Johansen test conditions and Breusch-Godfrey LM test I am a student from Belgium and I am writing a thesis about the relationship between credit aggregates and property prices. I examine the Granger causality between the two variables and I also do some conintegration tests. I have a question about the latter.
What are the conditions for doing a Johansen cointegration test? Do the residuals need to be tested for serial correlation before you can do the test? Because sometimes I just don't find a model where this is the case. Or do the residuals don't need to be uncorrelated?
Are there other conditions regarding the Johansen test?
When I test for residual autocorrelation I use the Breusch-Godfrey LM test. What is the lag-order that I need to choose for this test? I have 158 observations in my time series. If I do the varselection in levels I always used a maximum lag of 12 and for the Breusch-Godfrey LM test I always used 6. Is this correct?
If so: where do I find references to support these conclusions?

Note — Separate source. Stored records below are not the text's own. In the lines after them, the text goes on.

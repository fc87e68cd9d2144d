-- ===== src/Response/Wire.antt =====
-- The frames as the server writes them: the wire format that the parsers are held to. Numbers are
-- decimal, flags are `0` or `1`, fields are separated by `;`, and the status stands before a `|`.
use fq_client_go.Common.{
  ℕ, ◌<◌, ◌^◌, ◌≡◌, ◌≢◌, refl, Bool, true, false, List, [], ◌∷◌, ◌++◌, Bytes, codes, All, Lacks,
  arith,
}
use fq_client_go.Errors.{Result, ok}
use fq_client_go.Text.{join}
use fq_client_go.Text.Parts.{split-join}
use fq_client_go.Decimal.{format_uint}
use fq_client_go.Decimal.RoundTrip.{IsDigit-Lacks, format_uint-All-IsDigit}
use fq_client_go.Types.{
  RateLimitResult, LimitEvent, QuotaAcquireResult, QuotaClientInfo, QuotaInfo, ScanKey, ScanResult,
  QuotaEvent,
}
use fq_client_go.Response.{
  multi_data_delimiter, resp_delimiter, frame_status_ok, frame_status_error, parse_frame, pad4,
}
use fq_client_go.Response.Readers.{HelloInfo, fields}
use fq_client_go.Response.Frame.{success_of, parse_frame-ok}

-- `ok|f0;f1;…`
unfoldable pub ok_wire : List Bytes → Bytes
ok_wire fs = frame_status_ok ++ resp_delimiter ∷ join fs multi_data_delimiter

-- `err|code|text`, the code in four digits
unfoldable pub error_wire : ℕ → Bytes → Bytes
error_wire code text =
    frame_status_error ++ resp_delimiter ∷ (pad4 (format_uint code) ++ resp_delimiter ∷ text)

abbrev pub bool_text : Bool → Bytes
bool_text false = codes "0"
bool_text true = codes "1"

abbrev pub rate_limit_fields : RateLimitResult → List Bytes
rate_limit_fields r =
    bool_text r.allowed
    ∷ format_uint r.current
    ∷ format_uint r.remaining
    ∷ format_uint r.reset_after
    ∷ []

abbrev pub quota_acquire_fields : QuotaAcquireResult → List Bytes
quota_acquire_fields r =
    bool_text r.acquired
    ∷ format_uint r.allocated
    ∷ format_uint r.used
    ∷ format_uint r.remaining
    ∷ format_uint r.expires_after
    ∷ []

abbrev pub client_fields : List QuotaClientInfo → List Bytes
client_fields [] = []
client_fields (c ∷ cs) =
    c.client_id ∷ format_uint c.amount ∷ format_uint c.expires_at ∷ client_fields cs

abbrev pub quota_info_fields : QuotaInfo → List Bytes
quota_info_fields q =
    format_uint q.limit ∷ format_uint q.used ∷ format_uint q.remaining ∷ client_fields q.clients

abbrev pub key_fields : List ScanKey → List Bytes
key_fields [] = []
key_fields (k ∷ ks) = k.key ∷ format_uint k.window ∷ key_fields ks

abbrev pub scan_fields : ScanResult → List Bytes
scan_fields r = r.cursor ∷ key_fields r.keys

abbrev pub limit_event_fields : LimitEvent → List Bytes
limit_event_fields e =
    e.key ∷ format_uint e.window ∷ format_uint e.current ∷ format_uint e.reset_after ∷ []

abbrev pub quota_event_fields : QuotaEvent → List Bytes
quota_event_fields e =
    e.event
    ∷ e.name
    ∷ e.client_id
    ∷ format_uint e.amount
    ∷ format_uint e.used
    ∷ format_uint e.remaining
    ∷ format_uint e.expires_at
    ∷ []

abbrev pub hello_fields : HelloInfo → List Bytes
hello_fields h =
    format_uint h.version ∷ format_uint h.max_message_size ∷ bool_text h.auth_required ∷ h.role ∷ []

-- The values that fit their machine words, with texts that a field can carry.
abbrev pub IsField : Bytes → Type 0
IsField = Lacks multi_data_delimiter

pub record RateLimitFits (r : RateLimitResult) : Type 0 where
  pub current : r.current < 2 ^ 64
  pub remaining : r.remaining < 2 ^ 64
  pub reset_after : r.reset_after < 2 ^ 32

pub record QuotaAcquireFits (r : QuotaAcquireResult) : Type 0 where
  pub allocated : r.allocated < 2 ^ 64
  pub used : r.used < 2 ^ 64
  pub remaining : r.remaining < 2 ^ 64
  pub expires_after : r.expires_after < 2 ^ 32

pub record ClientFits (c : QuotaClientInfo) : Type 0 where
  pub client_id : IsField c.client_id
  pub amount : c.amount < 2 ^ 64
  pub expires_at : c.expires_at < 2 ^ 32

pub record QuotaInfoFits (q : QuotaInfo) : Type 0 where
  pub limit : q.limit < 2 ^ 64
  pub used : q.used < 2 ^ 64
  pub remaining : q.remaining < 2 ^ 64
  pub clients : All ClientFits q.clients

pub record KeyFits (k : ScanKey) : Type 0 where
  pub key : IsField k.key
  pub window : k.window < 2 ^ 32

pub record ScanFits (r : ScanResult) : Type 0 where
  pub cursor : IsField r.cursor
  pub keys : All KeyFits r.keys

pub record LimitEventFits (e : LimitEvent) : Type 0 where
  pub key : IsField e.key
  pub window : e.window < 2 ^ 32
  pub current : e.current < 2 ^ 64
  pub reset_after : e.reset_after < 2 ^ 32

pub record QuotaEventFits (e : QuotaEvent) : Type 0 where
  pub event : IsField e.event
  pub name : IsField e.name
  pub client_id : IsField e.client_id
  pub amount : e.amount < 2 ^ 64
  pub used : e.used < 2 ^ 64
  pub remaining : e.remaining < 2 ^ 64
  pub expires_at : e.expires_at < 2 ^ 32

pub record HelloFits (h : HelloInfo) : Type 0 where
  pub version : h.version < 2 ^ 64
  pub max_message_size : h.max_message_size < 2 ^ 31
  pub positive : h.max_message_size ≢ 0
  pub role : IsField h.role

pub number-IsField : (n : ℕ) → IsField (format_uint n)
number-IsField n =
    IsDigit-Lacks multi_data_delimiter (format_uint n) (λ d. omega arith)
      (format_uint-All-IsDigit n)

pub bool_text-IsField : (b : Bool) → IsField (bool_text b)
bool_text-IsField true = omega arith
bool_text-IsField false = omega arith

-- A reader of fields that accepts these ones accepts the frame that carries them.
pub parse_ok_wire {ℓ} :
    {A : Type ℓ} (empty : A) (read : List Bytes → Result A) (fs : List Bytes) (v : A)
    → fs ≢ []
    → All IsField fs
    → read fs ≡ ok v
    → parse_frame empty (λ body. read (fields body)) (ok_wire fs) ≡ ok (success_of v)
unfolding ok_wire
parse_ok_wire empty read fs v n h e =
    rw
      (
        parse_frame-ok empty (λ body. read (fields body)) (join fs multi_data_delimiter),
        split-join multi_data_delimiter fs n h,
        e,
      )
      refl
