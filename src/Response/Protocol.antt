-- ===== src/Response/Protocol.antt =====
-- response.go: the error codes, and reading an error from the data of an `err` frame.
use fq_client_go.Common.{
  ℕ, zero, suc, ◌-◌, ◌≤◌, ◌≡◌, ◌≢◌, inl, inr, refl, ap, ◌∙◌, Option, none, some, [], ◌∷◌, ◌++◌,
  Bytes, length, replicate, Lacks, All, All-append, arith, ltb, Option-cases, Bool-cases, take,
  drop,
}
use fq_client_go.Errors.{sentinel, protocol, corrupted_response, ok}
use fq_client_go.Text.{index_byte}
use fq_client_go.Text.Cut.{split_n2-append, split_n2-Lacks, index_byte-some, index_byte-none}
use fq_client_go.Decimal.{format_uint, parse_uint, scan_digits, digits}
use fq_client_go.Decimal.RoundTrip.{
  IsDigit, IsDigit-Lacks, format_uint-All-IsDigit, format_uint-ne-nil, parse_uint-scan,
  parse_uint-format_uint,
}
use fq_client_go.Response.{resp_delimiter, pad4, parse_error, checked_code}
use fq_client_go.Response.Frame.{parse_frame-error, failure_of}
use fq_client_go.Response.Readers.{parse_response}
use fq_client_go.Response.Wire.{error_wire}

pub data ErrorCode : Type 0 where
  invalid_symbol invalid_command invalid_arguments invalid_arguments_count : ErrorCode
  message_size_exceeds_maximum : ErrorCode
  handshake_required unsupported_protocol_version protocol_version_already_negotiated : ErrorCode
  key_cannot_be_empty key_length_exceeds_maximum batch_is_not_number : ErrorCode
  invalid_batch_size limit_is_not_number invalid_limit invalid_rate_limit_algorithm : ErrorCode
  invalid_scan_count invalid_scan_cursor : ErrorCode
  not_authenticated permission_denied authentication_failed : ErrorCode
  too_many_authentication_failures : ErrorCode
  quota_not_found quota_limit_mismatch quota_already_acquired_different_size : ErrorCode
  quota_is_not_empty quota_limit_below_used_amount quota_ownership_mismatch : ErrorCode
  quota_policy_mismatch : ErrorCode
  scan_index_disabled inspect_not_available inspect_report_too_large : ErrorCode
  max_message_size_too_small_for_chunk : ErrorCode
  internal internal_configuration : ErrorCode

unfoldable pub code_number : ErrorCode → ℕ
code_number invalid_symbol = 1000
code_number invalid_command = 1001
code_number invalid_arguments = 1002
code_number invalid_arguments_count = 1003
code_number message_size_exceeds_maximum = 1004
code_number handshake_required = 1010
code_number unsupported_protocol_version = 1011
code_number protocol_version_already_negotiated = 1012
code_number key_cannot_be_empty = 2000
code_number key_length_exceeds_maximum = 2001
code_number batch_is_not_number = 2002
code_number invalid_batch_size = 2003
code_number limit_is_not_number = 2004
code_number invalid_limit = 2005
code_number invalid_rate_limit_algorithm = 2006
code_number invalid_scan_count = 2007
code_number invalid_scan_cursor = 2008
code_number not_authenticated = 3000
code_number permission_denied = 3001
code_number authentication_failed = 3002
code_number too_many_authentication_failures = 3003
code_number quota_not_found = 4000
code_number quota_limit_mismatch = 4001
code_number quota_already_acquired_different_size = 4002
code_number quota_is_not_empty = 4003
code_number quota_limit_below_used_amount = 4004
code_number quota_ownership_mismatch = 4005
code_number quota_policy_mismatch = 4006
code_number scan_index_disabled = 5000
code_number inspect_not_available = 5001
code_number inspect_report_too_large = 5002
code_number max_message_size_too_small_for_chunk = 5003
code_number internal = 9000
code_number internal_configuration = 9001

-- Leading zeros do not change a number.
scan_digits-zeros : (k : ℕ) (s : Bytes) → scan_digits 0 (replicate k b'0' ++ s) ≡ scan_digits 0 s
unfolding scan_digits
scan_digits-zeros zero s = refl
scan_digits-zeros (suc k) s = scan_digits-zeros k s

zeros-All-IsDigit : (k : ℕ) → All IsDigit (replicate k b'0')
zeros-All-IsDigit zero = tt
zeros-All-IsDigit (suc k) = (omega arith, zeros-All-IsDigit k)

pad4-ne-nil : (s : Bytes) → s ≢ [] → pad4 s ≢ []
pad4-ne-nil s h = append-ne-nil (replicate (4 - length s) b'0') s h
  where
    append-ne-nil : (p q : Bytes) → q ≢ [] → p ++ q ≢ []
    append-ne-nil [] q n = n
    append-ne-nil (c ∷ p) q n = λ e. cc

parse_uint-pad4 : (bits : ℕ) (s : Bytes) → s ≢ [] → parse_uint bits (pad4 s) ≡ parse_uint bits s
parse_uint-pad4 bits s h = rw (
  parse_uint-scan bits (pad4 s) (pad4-ne-nil s h),
  parse_uint-scan bits s h,
  scan_digits-zeros (4 - length s) s,
)

pad4-Lacks : (n : ℕ) → Lacks resp_delimiter (pad4 (format_uint n))
pad4-Lacks n =
    IsDigit-Lacks resp_delimiter (pad4 (format_uint n)) (λ d. omega arith)
      (All-append IsDigit (replicate (4 - length (format_uint n)) b'0') (format_uint n)
        (zeros-All-IsDigit (4 - length (format_uint n))) (format_uint-All-IsDigit n))

-- The code in four digits, a `|` and any text are read as the error that they stand for.
pub parse_error-wire :
    (code : ℕ) (text : Bytes)
    → code ≤ 9999
    → parse_error (pad4 (format_uint code) ++ resp_delimiter ∷ text) ≡ protocol code text
unfolding parse_error
parse_error-wire code text h =
    rw
      (
        split_n2-append resp_delimiter (pad4 (format_uint code)) text (pad4-Lacks code),
        parse_uint-pad4 16 (format_uint code) (format_uint-ne-nil code),
        parse_uint-format_uint 16 code (omega arith),
      )
      (ground arith)

-- An `err` frame of a code up to 9999 and any text, delimiters included, is read as a failure with
-- that code and text.
pub parse_response-error_wire :
    (code : ℕ) (text : Bytes)
    → code ≤ 9999
    → parse_response (error_wire code text) ≡ ok (failure_of 0 (protocol code text))
unfolding parse_response error_wire
parse_response-error_wire code text h =
    parse_frame-error 0 _ _ ∙ ap (λ e. ok (failure_of 0 e)) (parse_error-wire code text h)

code_number-le : (c : ErrorCode) → code_number c ≤ 9999
unfolding code_number
code_number-le invalid_symbol = omega arith
code_number-le _ = omega arith

-- Each error code that the client names is read back from its `err` frame, with any text.
pub code_number-read :
    (c : ErrorCode) (text : Bytes)
    → parse_response (error_wire (code_number c) text)
      ≡ ok (failure_of 0 (protocol (code_number c) text))
code_number-read c text = parse_response-error_wire (code_number c) text (code_number-le c)

-- What `parseError` accepts: a code of at most 9999 in front of the first `|`.
pub data ErrorRead (body : Bytes) : Type 0 where
  read_code :
      (digits : Bytes) (code : ℕ) (text : Bytes)
      → body ≡ digits ++ resp_delimiter ∷ text
      → Lacks resp_delimiter digits
      → parse_uint 16 digits ≡ some code
      → code ≤ 9999
      → parse_error body ≡ protocol code text
      → ErrorRead body
  unreadable : parse_error body ≡ sentinel corrupted_response → ErrorRead body

checked_code_read :
    (body digits text : Bytes)
    → body ≡ digits ++ resp_delimiter ∷ text
    → Lacks resp_delimiter digits
    → (o : Option ℕ) → parse_uint 16 digits ≡ o
    → parse_error body ≡ checked_code o text
    → ErrorRead body
unfolding checked_code
checked_code_read body digits text e l none p q = unreadable q
checked_code_read body digits text e l (some code) p q = elim (Bool-cases (ltb 9999 code)) [
  | inl big ↦ unreadable (rw big at q)
  | inr small ↦ read_code digits code text e l p (ground arith) (rw small at q)
]

-- `parseError` returns `ErrCorruptedResponse`, or the protocol error of a code of at most 9999 that
-- stands in front of the first `|`, with all that follows as its text.
pub parse_error-ErrorRead : (body : Bytes) → ErrorRead body
unfolding parse_error
parse_error-ErrorRead body = elim (Option-cases (index_byte body resp_delimiter)) [
  | inl e ↦ unreadable (unreadable_lem (index_byte-none resp_delimiter body e))
  | inr (i, e) ↦
      let (cut, lacks) = index_byte-some resp_delimiter body i e in
      checked_code_read body (take i body) (drop (suc i) body) cut lacks
        (parse_uint 16 (take i body)) refl (read_lem (take i body) (drop (suc i) body) cut lacks)
]
  where
    unreadable_lem : Lacks resp_delimiter body → parse_error body ≡ sentinel corrupted_response
    unreadable_lem l = rw (parse_error, split_n2-Lacks resp_delimiter body l)

    read_lem :
        (p r : Bytes)
        → body ≡ p ++ resp_delimiter ∷ r
        → Lacks resp_delimiter p
        → parse_error body ≡ checked_code (parse_uint 16 p) r
    read_lem p r e l = rw (e, split_n2-append resp_delimiter p r l)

 A: For your first question, yes, you need to have uncorrelated residuals. In general, your need to determine the lag order of the VAR THEN your perform a cointegration test. This means that there must be no residual autocorrelation in your VAR model (if there still is, you need to increase the lag order. Which lag order to increase to will depend on your information criteria such as AIC, BIC, etc.). Once the VAR lag order is selected, you perform the cointegration test (assuming normally distributed residuals of course). Also note that the Johansen test statistic converges very slowly (even a sample size of 300 is considered to be small) hence the test result may not be reliable.
For your second question, there are only some general rules. Some may use lag of 12 since one may have yearly data. There may be other general rules btu I was taught to choose the maximum PACF. I have also heard of performing different LM tests with different lag then choose the one with the highest adjusted R-squared or the lowest AIC or SC.